*** Begin section ***

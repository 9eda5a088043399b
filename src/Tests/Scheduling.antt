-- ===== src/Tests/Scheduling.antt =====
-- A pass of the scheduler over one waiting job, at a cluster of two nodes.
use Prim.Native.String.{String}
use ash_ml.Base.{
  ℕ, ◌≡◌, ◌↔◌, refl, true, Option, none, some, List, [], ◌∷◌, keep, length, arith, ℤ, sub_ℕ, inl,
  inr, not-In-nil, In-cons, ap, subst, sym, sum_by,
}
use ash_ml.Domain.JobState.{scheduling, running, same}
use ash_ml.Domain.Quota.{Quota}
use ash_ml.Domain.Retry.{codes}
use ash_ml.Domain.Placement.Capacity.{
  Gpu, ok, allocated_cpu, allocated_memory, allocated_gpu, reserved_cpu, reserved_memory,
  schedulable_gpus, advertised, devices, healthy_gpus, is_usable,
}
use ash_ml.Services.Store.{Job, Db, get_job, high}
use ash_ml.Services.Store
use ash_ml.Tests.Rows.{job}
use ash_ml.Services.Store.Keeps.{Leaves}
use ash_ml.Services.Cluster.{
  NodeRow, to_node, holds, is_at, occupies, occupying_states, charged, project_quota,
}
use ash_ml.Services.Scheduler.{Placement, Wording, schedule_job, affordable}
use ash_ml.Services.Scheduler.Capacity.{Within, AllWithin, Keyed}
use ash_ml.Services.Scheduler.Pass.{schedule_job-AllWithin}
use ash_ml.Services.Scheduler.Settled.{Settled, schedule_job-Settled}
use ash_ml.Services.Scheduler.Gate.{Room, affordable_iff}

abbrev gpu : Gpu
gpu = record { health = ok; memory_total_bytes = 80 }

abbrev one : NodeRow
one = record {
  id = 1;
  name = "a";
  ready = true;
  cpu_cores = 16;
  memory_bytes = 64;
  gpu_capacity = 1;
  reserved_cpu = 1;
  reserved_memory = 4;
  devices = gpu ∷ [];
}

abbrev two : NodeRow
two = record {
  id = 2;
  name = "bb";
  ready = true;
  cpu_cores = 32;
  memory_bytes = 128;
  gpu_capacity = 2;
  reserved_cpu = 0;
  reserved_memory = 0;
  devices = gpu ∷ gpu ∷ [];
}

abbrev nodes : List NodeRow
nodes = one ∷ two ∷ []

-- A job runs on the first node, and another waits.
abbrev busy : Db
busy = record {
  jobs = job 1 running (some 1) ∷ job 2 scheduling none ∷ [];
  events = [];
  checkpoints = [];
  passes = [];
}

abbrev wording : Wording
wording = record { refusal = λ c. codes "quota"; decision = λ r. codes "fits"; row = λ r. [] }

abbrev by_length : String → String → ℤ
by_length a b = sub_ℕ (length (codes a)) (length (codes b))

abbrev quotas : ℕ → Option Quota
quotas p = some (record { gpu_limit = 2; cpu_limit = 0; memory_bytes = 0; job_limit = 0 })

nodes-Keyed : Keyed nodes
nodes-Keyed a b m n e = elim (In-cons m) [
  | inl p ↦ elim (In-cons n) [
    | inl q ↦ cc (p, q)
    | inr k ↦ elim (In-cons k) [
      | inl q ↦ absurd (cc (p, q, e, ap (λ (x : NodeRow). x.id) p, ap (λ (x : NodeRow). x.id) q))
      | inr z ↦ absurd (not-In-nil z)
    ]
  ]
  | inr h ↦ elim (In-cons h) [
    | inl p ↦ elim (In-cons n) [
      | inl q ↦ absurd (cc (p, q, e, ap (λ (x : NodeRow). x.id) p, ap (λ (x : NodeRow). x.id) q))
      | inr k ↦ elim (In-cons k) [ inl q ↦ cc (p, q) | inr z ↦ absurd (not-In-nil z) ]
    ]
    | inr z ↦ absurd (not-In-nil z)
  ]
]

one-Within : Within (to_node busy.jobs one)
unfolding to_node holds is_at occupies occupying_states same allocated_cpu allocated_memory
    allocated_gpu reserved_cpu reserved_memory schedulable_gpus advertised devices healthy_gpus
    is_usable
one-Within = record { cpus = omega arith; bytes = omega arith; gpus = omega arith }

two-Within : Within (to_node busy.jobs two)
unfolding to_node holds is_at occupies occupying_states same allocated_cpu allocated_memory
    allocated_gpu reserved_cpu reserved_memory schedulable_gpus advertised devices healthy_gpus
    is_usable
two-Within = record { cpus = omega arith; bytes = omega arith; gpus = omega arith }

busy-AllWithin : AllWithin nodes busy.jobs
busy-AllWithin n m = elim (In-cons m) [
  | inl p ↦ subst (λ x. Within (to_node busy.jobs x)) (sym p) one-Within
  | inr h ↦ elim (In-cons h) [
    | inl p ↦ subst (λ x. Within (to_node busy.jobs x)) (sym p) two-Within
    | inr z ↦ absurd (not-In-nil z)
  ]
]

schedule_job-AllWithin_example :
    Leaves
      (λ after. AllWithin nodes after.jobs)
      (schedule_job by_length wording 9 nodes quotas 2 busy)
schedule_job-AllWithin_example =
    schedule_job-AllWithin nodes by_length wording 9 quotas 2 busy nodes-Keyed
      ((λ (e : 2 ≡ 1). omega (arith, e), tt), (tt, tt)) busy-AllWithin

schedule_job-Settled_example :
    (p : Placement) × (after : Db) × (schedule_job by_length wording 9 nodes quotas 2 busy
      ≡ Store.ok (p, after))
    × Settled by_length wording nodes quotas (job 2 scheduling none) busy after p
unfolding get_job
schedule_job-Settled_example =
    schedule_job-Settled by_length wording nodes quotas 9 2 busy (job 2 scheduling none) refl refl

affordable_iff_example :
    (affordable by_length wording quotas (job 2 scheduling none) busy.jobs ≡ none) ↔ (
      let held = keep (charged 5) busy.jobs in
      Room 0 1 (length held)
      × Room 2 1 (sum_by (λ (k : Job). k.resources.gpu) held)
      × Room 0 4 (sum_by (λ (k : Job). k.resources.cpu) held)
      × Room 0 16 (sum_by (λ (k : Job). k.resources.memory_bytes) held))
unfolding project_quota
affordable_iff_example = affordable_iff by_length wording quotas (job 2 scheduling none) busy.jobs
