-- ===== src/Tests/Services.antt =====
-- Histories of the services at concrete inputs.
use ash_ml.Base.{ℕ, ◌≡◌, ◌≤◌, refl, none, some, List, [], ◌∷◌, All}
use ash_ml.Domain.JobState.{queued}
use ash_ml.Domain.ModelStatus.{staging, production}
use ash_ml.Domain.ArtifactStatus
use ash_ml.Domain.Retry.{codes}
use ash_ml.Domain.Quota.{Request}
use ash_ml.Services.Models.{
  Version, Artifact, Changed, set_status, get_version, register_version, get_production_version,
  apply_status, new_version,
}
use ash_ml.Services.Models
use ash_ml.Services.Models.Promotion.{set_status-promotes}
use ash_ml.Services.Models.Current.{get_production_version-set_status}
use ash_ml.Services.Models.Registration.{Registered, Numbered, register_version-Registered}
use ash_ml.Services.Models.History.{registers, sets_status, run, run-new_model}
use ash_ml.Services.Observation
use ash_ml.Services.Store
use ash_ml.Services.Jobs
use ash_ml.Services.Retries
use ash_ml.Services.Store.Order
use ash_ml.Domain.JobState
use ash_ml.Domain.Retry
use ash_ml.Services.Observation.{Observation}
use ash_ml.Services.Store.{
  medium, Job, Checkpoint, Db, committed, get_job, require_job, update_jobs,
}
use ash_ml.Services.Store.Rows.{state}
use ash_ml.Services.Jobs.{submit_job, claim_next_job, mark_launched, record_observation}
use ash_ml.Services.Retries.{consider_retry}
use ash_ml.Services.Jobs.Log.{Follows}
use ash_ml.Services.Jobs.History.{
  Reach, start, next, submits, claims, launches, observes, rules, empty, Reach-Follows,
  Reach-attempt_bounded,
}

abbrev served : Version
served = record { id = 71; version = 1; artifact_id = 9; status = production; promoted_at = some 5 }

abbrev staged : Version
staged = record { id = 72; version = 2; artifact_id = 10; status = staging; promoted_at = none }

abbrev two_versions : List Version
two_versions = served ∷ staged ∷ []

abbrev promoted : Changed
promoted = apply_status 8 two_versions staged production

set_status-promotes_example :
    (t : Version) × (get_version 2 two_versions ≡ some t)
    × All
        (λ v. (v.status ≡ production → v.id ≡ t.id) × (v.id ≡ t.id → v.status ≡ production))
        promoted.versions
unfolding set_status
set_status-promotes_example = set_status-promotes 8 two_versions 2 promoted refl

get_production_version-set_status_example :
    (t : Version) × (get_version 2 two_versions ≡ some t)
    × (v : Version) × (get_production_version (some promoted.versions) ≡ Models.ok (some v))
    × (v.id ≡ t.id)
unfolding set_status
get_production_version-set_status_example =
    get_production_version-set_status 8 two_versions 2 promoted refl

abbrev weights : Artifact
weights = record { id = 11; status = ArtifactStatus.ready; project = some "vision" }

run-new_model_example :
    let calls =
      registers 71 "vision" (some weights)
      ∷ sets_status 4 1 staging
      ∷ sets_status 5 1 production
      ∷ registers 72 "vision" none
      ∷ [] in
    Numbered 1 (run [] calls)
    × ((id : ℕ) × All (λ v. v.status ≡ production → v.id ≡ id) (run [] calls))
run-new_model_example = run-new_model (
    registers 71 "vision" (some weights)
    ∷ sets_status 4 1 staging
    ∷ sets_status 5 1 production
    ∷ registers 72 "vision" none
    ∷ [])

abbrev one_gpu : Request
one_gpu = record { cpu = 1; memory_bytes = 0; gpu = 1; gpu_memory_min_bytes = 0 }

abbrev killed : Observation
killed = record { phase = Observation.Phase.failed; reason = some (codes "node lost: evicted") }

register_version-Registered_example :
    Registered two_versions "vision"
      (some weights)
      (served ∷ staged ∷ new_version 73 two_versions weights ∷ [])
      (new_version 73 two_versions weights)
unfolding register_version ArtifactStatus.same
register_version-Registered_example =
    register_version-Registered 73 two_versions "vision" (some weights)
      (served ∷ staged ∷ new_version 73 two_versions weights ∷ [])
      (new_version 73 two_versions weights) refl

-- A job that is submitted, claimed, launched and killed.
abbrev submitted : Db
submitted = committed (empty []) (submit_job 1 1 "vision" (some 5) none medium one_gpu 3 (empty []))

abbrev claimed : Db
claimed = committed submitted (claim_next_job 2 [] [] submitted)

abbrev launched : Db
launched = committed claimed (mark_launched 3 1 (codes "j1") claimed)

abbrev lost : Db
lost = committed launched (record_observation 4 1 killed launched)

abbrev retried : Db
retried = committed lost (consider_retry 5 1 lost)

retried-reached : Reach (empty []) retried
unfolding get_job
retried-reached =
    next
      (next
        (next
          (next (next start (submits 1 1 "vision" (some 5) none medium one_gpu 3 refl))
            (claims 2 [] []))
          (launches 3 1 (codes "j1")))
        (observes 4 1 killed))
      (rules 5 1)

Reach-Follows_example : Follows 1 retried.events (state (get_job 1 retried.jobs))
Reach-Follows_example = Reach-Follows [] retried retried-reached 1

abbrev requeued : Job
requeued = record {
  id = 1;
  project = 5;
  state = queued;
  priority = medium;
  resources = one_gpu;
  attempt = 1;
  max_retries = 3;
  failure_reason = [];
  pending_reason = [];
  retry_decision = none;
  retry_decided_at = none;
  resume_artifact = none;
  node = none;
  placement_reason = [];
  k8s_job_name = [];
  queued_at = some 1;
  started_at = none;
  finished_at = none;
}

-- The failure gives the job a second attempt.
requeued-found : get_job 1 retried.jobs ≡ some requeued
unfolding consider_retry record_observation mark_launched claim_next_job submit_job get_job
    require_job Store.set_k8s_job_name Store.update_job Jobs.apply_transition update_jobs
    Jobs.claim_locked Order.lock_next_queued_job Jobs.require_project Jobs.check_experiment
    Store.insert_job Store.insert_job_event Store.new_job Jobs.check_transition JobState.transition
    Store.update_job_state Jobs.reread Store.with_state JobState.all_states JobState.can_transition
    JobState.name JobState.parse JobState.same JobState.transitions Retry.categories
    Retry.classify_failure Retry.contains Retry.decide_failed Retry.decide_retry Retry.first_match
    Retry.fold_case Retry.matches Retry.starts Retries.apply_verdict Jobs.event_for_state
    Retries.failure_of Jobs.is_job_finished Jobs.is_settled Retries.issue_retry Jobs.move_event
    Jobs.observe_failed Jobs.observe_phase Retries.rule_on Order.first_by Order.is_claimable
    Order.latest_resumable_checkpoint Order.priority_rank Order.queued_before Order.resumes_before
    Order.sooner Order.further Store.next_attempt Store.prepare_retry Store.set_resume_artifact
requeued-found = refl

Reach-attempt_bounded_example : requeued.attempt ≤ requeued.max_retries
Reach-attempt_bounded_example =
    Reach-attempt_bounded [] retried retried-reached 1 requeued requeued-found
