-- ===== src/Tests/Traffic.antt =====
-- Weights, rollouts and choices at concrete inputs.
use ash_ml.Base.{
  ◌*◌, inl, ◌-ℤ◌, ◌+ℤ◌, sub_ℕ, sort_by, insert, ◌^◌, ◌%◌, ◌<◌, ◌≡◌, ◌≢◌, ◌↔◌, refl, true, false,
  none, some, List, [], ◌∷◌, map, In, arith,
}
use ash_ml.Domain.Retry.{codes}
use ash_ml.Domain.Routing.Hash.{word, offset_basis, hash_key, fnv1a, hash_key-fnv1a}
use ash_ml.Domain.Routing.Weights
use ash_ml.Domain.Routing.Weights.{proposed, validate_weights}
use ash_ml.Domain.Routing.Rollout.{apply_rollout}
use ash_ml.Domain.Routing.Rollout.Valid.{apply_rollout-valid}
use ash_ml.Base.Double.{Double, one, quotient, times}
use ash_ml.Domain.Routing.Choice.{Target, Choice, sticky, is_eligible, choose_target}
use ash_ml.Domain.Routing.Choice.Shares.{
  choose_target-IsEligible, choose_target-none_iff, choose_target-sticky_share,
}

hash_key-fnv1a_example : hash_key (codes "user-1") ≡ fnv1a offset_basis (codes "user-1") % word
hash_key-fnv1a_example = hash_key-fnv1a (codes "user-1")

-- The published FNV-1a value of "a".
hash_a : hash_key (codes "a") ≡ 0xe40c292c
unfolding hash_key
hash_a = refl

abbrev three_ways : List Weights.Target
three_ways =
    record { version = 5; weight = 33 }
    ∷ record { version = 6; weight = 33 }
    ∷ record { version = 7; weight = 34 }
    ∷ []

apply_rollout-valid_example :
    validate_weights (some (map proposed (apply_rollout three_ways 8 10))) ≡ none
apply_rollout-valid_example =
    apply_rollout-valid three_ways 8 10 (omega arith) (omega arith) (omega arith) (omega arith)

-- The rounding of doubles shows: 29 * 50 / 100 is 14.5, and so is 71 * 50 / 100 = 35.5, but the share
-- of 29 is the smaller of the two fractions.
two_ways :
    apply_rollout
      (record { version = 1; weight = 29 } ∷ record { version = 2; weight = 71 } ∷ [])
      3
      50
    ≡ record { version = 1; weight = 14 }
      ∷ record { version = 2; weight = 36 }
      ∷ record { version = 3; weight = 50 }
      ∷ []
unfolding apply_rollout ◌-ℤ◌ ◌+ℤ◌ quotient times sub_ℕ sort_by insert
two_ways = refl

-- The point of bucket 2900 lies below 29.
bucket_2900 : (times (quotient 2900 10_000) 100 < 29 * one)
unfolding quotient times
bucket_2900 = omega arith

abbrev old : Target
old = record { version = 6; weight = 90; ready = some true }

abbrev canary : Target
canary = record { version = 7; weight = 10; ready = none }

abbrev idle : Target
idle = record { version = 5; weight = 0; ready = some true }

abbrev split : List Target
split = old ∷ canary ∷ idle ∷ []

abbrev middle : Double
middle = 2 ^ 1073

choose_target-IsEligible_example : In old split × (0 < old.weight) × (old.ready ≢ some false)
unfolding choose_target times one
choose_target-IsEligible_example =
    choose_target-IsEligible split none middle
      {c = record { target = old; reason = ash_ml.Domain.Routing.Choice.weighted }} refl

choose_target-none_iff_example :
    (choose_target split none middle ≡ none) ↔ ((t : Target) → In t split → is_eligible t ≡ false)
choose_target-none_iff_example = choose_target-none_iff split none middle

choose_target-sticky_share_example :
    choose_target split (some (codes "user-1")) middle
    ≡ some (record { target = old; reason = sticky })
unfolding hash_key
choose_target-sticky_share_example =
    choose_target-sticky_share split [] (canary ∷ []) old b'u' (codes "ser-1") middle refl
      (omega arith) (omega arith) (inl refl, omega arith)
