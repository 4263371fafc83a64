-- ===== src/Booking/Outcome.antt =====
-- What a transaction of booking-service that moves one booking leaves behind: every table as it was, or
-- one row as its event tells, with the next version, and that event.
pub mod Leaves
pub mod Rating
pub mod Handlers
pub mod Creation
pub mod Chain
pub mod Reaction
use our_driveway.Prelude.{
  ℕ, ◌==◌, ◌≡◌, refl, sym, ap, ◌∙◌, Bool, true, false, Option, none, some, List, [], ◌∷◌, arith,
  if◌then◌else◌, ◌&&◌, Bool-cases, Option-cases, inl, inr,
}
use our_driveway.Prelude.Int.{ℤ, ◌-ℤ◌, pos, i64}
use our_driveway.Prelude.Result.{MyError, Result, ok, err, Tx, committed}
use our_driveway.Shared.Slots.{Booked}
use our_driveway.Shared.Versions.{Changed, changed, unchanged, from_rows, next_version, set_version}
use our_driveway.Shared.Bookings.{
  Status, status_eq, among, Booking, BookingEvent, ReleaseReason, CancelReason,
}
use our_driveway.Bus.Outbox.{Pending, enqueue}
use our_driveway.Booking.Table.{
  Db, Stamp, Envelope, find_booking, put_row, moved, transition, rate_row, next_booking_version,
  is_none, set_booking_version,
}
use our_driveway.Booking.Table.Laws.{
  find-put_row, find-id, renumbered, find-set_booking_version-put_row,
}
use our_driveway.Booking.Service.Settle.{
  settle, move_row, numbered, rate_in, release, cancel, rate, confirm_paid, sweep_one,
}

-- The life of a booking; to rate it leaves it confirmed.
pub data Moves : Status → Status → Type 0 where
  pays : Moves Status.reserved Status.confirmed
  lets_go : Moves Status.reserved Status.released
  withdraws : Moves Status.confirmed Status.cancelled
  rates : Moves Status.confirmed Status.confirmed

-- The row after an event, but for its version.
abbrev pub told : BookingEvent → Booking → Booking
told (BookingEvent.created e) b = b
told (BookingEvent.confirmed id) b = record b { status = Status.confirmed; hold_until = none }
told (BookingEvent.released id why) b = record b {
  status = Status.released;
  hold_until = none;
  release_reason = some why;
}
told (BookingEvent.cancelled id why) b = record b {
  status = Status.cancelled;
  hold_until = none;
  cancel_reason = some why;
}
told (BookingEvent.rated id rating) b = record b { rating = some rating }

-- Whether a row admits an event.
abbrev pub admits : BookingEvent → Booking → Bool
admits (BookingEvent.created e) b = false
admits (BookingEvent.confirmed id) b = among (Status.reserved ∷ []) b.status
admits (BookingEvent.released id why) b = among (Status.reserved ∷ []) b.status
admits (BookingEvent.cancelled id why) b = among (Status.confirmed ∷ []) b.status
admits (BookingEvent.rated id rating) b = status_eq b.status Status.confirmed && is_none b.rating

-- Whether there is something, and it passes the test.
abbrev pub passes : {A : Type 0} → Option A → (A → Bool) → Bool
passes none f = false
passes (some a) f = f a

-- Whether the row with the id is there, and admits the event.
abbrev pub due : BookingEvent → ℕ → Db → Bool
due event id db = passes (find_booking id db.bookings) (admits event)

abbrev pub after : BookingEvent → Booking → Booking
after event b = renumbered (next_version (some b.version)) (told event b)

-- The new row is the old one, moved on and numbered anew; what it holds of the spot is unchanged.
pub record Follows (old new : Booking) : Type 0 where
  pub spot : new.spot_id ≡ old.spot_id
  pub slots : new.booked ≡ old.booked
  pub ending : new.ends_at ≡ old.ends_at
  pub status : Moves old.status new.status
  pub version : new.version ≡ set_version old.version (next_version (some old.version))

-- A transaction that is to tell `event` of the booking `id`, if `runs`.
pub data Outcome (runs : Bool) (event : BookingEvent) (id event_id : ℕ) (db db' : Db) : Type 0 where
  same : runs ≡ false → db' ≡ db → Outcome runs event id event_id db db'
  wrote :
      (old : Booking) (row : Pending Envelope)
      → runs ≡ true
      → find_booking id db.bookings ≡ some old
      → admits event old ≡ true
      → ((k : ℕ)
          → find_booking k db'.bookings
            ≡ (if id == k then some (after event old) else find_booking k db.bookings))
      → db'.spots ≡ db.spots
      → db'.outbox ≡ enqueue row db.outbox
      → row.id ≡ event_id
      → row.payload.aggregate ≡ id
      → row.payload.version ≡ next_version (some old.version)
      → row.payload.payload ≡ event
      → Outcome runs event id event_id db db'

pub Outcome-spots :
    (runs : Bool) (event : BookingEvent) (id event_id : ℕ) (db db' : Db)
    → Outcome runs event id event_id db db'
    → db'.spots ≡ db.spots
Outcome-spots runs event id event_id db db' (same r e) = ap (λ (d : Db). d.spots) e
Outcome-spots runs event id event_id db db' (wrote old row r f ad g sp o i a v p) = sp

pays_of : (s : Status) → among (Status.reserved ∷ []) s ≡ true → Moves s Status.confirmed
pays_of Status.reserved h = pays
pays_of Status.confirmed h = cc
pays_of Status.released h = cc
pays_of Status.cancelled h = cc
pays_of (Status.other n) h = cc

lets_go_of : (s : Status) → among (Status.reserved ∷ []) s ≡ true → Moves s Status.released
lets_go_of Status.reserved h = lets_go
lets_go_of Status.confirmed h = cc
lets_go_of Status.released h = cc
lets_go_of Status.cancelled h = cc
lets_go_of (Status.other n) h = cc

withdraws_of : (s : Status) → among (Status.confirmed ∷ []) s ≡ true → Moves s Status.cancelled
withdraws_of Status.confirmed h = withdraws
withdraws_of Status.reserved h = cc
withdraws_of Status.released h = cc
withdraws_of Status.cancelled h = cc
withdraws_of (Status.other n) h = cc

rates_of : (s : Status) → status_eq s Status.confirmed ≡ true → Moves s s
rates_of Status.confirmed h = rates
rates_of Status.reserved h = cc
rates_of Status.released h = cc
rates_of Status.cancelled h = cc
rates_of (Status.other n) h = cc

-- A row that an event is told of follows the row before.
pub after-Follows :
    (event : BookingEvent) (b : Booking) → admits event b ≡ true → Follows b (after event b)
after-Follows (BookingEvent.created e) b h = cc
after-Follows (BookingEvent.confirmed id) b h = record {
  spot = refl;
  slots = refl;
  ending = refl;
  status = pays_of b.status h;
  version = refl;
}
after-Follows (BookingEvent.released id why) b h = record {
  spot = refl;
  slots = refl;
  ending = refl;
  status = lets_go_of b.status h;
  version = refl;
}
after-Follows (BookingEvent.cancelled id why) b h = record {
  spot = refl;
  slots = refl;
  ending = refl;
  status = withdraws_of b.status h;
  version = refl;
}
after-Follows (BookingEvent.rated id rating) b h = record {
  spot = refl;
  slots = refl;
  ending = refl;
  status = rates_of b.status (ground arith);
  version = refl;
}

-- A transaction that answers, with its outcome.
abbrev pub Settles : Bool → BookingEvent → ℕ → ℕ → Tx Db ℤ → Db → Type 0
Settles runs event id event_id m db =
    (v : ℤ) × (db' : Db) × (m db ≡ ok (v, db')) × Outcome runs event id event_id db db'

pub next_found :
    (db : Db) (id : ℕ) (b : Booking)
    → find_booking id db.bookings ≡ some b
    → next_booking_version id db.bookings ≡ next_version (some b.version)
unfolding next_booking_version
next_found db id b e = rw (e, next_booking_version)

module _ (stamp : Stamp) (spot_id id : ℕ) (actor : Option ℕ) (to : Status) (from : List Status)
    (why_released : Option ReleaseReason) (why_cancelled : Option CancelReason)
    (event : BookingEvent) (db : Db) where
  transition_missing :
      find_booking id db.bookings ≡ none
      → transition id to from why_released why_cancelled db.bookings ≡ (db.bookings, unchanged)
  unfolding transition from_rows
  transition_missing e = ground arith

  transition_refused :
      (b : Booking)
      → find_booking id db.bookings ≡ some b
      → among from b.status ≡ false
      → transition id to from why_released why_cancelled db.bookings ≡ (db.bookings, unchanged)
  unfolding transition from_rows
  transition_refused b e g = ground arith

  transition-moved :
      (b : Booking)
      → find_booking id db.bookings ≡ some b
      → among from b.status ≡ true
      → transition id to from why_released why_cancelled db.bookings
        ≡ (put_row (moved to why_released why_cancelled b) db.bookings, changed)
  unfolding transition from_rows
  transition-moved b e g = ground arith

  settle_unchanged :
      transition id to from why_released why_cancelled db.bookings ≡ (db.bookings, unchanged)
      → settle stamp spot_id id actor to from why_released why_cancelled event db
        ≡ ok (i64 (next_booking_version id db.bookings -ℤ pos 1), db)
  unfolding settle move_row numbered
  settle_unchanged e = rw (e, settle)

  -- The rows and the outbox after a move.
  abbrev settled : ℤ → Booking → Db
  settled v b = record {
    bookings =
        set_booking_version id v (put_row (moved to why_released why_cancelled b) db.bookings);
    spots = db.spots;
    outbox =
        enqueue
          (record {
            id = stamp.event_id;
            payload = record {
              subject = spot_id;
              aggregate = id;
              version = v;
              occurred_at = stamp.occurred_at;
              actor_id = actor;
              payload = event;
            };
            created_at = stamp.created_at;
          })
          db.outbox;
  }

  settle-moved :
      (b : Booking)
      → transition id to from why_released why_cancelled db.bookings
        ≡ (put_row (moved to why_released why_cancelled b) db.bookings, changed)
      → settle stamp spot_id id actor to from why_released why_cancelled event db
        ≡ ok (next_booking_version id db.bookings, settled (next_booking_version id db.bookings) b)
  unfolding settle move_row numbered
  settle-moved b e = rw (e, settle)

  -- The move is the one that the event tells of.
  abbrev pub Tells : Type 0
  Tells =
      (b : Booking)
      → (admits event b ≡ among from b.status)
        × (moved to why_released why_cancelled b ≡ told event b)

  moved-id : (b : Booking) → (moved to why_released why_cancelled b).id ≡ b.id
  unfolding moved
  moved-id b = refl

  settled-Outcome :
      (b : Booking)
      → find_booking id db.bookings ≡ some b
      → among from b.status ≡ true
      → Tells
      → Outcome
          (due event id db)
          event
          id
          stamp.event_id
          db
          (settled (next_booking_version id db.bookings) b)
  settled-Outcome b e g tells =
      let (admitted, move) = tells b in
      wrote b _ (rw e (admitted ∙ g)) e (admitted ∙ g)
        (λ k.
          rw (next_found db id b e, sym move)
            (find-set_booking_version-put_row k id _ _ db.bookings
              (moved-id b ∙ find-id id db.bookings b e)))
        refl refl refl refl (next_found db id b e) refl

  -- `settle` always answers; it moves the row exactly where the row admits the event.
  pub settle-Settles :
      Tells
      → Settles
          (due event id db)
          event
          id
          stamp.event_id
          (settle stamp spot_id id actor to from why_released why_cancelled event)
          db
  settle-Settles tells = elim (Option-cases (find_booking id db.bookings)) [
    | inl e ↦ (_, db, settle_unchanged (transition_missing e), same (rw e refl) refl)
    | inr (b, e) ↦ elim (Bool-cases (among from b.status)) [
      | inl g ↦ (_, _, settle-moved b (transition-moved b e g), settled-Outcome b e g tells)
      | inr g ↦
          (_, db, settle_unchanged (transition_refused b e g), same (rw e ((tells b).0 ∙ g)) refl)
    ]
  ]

*** End section ***

Whenever "CancelReason" occurs in a line of the entries, copy that line.

■ Completed task:
  Status, status_eq, among, Booking, BookingEvent, ReleaseReason, CancelReason,
    (why_released : Option ReleaseReason) (why_cancelled : Option CancelReason)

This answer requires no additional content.